**Description of the task**:
Exact reproduction required: the lines below from the line with "-- From the sort on." to the line with "at_most (length selected)", both ends included, and no others.

**Extracted records**:

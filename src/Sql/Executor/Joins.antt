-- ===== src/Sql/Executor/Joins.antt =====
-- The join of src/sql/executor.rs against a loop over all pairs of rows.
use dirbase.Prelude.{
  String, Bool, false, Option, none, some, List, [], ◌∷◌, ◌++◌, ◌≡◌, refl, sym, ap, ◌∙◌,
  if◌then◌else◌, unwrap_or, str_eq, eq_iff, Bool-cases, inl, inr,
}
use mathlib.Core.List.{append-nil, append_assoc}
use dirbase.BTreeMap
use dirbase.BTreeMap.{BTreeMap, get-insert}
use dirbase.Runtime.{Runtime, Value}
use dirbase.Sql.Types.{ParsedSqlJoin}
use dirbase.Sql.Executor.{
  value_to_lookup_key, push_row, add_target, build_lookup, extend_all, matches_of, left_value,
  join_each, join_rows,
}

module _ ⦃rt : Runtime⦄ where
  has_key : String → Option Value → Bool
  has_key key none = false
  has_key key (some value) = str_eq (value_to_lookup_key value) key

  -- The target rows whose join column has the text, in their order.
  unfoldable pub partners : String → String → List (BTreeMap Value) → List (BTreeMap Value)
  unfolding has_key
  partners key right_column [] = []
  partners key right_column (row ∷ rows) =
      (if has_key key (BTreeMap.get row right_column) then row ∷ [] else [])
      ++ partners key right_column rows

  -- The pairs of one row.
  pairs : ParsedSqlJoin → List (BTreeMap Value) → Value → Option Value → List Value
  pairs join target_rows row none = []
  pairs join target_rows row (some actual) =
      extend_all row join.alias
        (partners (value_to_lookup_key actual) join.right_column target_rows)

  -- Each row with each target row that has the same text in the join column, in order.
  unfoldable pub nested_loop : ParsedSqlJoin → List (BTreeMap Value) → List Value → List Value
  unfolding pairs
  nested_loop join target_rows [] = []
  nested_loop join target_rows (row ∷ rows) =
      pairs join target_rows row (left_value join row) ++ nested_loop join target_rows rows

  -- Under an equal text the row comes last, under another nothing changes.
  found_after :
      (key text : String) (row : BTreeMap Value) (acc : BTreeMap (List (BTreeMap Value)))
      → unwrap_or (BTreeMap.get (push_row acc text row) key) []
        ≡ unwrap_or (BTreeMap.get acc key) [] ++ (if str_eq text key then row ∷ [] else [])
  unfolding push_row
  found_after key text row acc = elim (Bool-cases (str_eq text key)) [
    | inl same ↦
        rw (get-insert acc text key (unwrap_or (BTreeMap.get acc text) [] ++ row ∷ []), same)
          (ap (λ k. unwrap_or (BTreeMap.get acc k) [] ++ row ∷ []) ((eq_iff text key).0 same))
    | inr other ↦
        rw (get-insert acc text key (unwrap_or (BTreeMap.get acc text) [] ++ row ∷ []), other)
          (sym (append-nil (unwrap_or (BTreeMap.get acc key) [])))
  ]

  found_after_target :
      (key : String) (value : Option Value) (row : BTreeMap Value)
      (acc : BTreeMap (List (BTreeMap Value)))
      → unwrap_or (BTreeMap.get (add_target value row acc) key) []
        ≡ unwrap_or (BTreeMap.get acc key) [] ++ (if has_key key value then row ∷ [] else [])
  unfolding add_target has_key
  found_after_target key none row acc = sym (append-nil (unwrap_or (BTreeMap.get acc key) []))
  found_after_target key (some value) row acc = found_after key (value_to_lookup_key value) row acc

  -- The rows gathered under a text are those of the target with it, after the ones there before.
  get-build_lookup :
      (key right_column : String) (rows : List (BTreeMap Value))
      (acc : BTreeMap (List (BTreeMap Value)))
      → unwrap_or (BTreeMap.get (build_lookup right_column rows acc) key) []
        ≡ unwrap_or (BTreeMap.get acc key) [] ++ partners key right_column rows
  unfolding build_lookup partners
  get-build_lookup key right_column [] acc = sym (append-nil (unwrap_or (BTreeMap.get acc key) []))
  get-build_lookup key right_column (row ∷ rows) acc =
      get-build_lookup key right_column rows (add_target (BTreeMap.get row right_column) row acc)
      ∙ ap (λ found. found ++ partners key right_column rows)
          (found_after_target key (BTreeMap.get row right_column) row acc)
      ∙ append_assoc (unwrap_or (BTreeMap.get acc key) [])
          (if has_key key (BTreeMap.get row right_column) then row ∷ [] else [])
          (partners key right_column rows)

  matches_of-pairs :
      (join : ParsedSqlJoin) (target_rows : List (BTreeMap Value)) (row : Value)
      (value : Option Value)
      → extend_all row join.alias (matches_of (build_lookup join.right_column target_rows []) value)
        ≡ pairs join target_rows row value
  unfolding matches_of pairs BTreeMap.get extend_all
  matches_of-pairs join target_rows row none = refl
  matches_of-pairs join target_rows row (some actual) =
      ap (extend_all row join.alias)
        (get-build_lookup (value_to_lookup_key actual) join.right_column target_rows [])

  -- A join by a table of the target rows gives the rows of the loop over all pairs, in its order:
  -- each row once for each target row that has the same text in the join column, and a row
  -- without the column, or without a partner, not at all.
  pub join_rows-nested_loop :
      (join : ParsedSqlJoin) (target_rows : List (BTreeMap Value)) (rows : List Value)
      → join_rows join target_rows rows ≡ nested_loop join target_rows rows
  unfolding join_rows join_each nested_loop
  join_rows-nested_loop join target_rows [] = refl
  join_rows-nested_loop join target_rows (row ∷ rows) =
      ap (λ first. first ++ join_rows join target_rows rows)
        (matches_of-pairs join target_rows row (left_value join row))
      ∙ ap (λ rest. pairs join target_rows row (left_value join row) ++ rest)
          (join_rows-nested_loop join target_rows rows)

---

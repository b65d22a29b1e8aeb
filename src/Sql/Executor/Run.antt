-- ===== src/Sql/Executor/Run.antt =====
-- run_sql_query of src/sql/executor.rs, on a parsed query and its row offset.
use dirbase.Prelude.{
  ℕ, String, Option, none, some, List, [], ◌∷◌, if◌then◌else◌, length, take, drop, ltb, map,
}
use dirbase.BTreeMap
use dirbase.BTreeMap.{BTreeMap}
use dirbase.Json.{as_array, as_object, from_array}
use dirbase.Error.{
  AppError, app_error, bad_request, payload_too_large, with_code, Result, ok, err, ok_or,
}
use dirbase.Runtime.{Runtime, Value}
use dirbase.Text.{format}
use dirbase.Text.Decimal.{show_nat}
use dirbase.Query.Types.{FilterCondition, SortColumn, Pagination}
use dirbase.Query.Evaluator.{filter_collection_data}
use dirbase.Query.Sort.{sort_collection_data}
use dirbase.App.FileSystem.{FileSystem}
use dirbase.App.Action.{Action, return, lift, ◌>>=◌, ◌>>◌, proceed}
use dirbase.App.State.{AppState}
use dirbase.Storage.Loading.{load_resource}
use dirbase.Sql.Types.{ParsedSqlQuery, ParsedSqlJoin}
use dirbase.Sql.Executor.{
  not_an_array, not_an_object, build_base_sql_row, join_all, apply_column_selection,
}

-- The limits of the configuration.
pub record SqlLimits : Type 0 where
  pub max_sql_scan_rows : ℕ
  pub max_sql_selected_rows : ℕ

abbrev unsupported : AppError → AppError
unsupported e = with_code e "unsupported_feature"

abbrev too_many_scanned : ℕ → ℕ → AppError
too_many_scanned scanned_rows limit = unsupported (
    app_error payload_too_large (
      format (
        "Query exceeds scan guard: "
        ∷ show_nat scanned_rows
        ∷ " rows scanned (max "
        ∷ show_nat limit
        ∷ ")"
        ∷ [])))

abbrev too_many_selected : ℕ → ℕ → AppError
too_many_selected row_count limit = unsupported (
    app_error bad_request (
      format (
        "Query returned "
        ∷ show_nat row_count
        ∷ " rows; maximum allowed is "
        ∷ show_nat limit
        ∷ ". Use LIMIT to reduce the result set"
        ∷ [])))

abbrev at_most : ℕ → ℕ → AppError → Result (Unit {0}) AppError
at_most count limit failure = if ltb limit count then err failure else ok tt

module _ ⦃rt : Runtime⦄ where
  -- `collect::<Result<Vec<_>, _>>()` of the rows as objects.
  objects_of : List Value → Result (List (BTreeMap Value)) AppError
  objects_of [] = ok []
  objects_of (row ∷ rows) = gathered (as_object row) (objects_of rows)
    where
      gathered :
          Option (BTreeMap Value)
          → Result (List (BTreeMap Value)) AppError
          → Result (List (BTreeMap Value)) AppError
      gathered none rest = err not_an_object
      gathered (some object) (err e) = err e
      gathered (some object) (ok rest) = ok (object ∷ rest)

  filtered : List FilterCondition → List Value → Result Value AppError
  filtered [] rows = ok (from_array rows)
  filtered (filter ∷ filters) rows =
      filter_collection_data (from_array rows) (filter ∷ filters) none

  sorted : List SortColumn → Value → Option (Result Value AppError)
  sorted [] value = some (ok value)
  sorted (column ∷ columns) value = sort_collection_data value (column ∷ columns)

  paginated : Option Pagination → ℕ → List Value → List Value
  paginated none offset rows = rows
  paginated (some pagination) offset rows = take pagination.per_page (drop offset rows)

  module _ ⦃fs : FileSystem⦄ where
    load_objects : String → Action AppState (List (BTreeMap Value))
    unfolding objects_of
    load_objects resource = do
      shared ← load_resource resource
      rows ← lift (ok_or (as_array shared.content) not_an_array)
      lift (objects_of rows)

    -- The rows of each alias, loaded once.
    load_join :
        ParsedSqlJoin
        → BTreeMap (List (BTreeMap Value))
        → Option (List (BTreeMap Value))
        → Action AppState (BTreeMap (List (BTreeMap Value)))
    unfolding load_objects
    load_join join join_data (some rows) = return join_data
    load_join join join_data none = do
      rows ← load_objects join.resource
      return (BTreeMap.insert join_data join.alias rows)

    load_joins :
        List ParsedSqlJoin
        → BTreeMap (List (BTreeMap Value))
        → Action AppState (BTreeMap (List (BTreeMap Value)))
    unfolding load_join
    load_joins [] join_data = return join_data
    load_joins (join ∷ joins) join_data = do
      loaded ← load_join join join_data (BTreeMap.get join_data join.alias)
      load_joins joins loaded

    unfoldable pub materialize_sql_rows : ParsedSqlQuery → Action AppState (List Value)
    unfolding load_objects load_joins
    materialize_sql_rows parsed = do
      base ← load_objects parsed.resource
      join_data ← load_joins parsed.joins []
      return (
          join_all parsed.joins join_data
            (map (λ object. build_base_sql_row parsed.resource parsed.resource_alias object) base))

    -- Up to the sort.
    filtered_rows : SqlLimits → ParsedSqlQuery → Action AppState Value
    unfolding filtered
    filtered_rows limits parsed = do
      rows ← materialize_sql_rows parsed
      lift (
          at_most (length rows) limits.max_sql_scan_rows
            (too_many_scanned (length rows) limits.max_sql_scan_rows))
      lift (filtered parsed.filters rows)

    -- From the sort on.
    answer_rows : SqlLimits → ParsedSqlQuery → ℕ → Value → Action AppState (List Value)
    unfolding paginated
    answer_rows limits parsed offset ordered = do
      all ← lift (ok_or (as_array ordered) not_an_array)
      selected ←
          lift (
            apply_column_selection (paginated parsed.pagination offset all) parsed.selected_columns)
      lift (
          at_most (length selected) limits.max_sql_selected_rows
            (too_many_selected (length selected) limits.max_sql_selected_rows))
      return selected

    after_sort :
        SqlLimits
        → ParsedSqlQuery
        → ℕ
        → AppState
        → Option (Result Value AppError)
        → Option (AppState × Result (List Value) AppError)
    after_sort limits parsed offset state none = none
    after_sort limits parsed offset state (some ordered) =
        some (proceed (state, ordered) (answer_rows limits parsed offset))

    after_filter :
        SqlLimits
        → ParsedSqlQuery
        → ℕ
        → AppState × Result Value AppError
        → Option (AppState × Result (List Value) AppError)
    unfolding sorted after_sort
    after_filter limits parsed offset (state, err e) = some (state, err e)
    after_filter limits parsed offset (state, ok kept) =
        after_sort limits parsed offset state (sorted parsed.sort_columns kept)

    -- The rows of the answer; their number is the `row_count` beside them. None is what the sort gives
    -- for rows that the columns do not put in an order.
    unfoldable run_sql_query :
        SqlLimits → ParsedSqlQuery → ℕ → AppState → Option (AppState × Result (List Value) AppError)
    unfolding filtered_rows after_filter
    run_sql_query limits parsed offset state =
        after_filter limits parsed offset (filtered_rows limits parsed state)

**Task output**:
    -- From the sort on.
    answer_rows : SqlLimits → ParsedSqlQuery → ℕ → Value → Action AppState (List Value)
    unfolding paginated
    answer_rows limits parsed offset ordered = do
      all ← lift (ok_or (as_array ordered) not_an_array)
      selected ←
          lift (
            apply_column_selection (paginated parsed.pagination offset all) parsed.selected_columns)
      lift (
          at_most (length selected) limits.max_sql_selected_rows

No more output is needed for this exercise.